**** Information supplied
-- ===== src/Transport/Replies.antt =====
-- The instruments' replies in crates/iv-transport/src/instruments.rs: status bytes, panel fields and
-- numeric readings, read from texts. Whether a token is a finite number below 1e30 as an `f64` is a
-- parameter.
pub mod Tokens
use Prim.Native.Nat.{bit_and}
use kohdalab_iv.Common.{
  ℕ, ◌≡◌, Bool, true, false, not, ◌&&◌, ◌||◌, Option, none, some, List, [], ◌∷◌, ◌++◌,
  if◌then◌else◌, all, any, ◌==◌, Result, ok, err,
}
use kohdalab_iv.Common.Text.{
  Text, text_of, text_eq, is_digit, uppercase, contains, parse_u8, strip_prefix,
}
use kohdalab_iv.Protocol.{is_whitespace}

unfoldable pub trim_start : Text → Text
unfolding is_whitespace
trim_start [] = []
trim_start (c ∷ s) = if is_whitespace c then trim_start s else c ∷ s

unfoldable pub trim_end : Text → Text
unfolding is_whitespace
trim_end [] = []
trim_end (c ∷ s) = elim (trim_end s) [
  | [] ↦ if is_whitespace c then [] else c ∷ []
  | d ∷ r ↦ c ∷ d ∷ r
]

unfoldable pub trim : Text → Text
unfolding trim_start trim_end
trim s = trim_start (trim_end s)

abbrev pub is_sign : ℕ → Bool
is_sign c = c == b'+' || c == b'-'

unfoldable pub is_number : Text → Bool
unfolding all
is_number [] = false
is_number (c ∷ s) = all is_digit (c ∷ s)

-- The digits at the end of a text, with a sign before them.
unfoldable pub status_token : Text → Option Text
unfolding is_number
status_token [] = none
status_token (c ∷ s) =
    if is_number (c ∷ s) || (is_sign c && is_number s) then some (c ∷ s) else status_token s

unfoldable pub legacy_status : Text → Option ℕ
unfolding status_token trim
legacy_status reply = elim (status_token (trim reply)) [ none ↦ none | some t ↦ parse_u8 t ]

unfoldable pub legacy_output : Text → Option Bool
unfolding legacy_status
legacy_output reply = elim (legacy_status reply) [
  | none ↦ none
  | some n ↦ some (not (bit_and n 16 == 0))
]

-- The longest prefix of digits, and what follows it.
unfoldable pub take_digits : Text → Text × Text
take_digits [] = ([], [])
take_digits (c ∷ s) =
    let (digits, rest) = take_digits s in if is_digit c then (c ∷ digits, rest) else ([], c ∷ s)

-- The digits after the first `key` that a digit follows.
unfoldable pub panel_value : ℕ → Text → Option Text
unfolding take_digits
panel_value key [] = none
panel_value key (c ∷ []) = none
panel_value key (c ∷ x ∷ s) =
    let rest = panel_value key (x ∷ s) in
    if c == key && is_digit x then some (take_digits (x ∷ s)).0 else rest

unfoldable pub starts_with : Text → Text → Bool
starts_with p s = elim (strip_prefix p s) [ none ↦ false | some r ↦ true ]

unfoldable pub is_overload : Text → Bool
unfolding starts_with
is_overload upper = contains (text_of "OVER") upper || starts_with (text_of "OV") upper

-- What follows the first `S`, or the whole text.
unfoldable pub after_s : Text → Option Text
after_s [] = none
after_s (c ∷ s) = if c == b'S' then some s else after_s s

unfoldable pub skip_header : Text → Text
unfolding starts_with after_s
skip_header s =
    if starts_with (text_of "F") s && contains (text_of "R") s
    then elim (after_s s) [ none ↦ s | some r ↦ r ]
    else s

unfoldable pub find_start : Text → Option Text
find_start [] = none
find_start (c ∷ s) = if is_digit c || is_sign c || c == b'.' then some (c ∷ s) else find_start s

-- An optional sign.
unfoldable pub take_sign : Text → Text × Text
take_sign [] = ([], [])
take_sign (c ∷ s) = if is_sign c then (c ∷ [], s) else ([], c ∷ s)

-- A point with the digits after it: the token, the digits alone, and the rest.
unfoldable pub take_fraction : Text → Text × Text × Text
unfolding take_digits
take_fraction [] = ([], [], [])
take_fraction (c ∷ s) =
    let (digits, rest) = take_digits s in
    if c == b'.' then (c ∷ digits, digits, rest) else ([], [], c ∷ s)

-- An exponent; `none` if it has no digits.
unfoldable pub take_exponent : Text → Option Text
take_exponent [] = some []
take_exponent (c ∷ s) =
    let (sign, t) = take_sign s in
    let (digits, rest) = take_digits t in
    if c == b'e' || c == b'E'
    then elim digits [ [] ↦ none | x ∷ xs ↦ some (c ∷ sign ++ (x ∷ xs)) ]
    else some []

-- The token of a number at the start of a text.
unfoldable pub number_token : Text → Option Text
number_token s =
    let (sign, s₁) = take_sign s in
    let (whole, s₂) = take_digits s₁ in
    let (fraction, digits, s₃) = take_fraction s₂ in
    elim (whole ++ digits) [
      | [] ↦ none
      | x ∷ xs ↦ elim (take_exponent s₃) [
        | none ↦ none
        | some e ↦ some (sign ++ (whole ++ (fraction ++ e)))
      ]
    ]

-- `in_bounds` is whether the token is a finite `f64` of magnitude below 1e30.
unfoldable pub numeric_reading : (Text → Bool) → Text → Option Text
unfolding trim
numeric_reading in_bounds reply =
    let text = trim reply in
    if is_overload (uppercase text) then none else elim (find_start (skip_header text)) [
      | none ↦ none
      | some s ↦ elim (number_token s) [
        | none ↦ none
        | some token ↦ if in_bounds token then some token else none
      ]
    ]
********
Your task:
Exactly repeat the lines running from the top of the listing to the line bearing "unfolding legacy_status", both of those lines included, and only them.

Answer area:
-- ===== src/Transport/Replies.antt =====
-- The instruments' replies in crates/iv-transport/src/instruments.rs: status bytes, panel fields and
-- numeric readings, read from texts. Whether a token is a finite number below 1e30 as an `f64` is a
-- parameter.
pub mod Tokens
use Prim.Native.Nat.{bit_and}
use kohdalab_iv.Common.{
  ℕ, ◌≡◌, Bool, true, false, not, ◌&&◌, ◌||◌, Option, none, some, List, [], ◌∷◌, ◌++◌,
  if◌then◌else◌, all, any, ◌==◌, Result, ok, err,
}
use kohdalab_iv.Common.Text.{
  Text, text_of, text_eq, is_digit, uppercase, contains, parse_u8, strip_prefix,
}
use kohdalab_iv.Protocol.{is_whitespace}

unfoldable pub trim_start : Text → Text
unfolding is_whitespace
trim_start [] = []
trim_start (c ∷ s) = if is_whitespace c then trim_start s else c ∷ s

unfoldable pub trim_end : Text → Text
unfolding is_whitespace
trim_end [] = []
trim_end (c ∷ s) = elim (trim_end s) [
  | [] ↦ if is_whitespace c then [] else c ∷ []
  | d ∷ r ↦ c ∷ d ∷ r
]

unfoldable pub trim : Text → Text
unfolding trim_start trim_end
trim s = trim_start (trim_end s)

abbrev pub is_sign : ℕ → Bool
is_sign c = c == b'+' || c == b'-'

unfoldable pub is_number : Text → Bool
unfolding all
is_number [] = false
is_number (c ∷ s) = all is_digit (c ∷ s)

-- The digits at the end of a text, with a sign before them.
unfoldable pub status_token : Text → Option Text
unfolding is_number
status_token [] = none
status_token (c ∷ s) =
    if is_number (c ∷ s) || (is_sign c && is_number s) then some (c ∷ s) else status_token s

unfoldable pub legacy_status : Text → Option ℕ
unfolding status_token trim
legacy_status reply = elim (status_token (trim reply)) [ none ↦ none | some t ↦ parse_u8 t ]

unfoldable pub legacy_output : Text → Option Bool
unfolding legacy_status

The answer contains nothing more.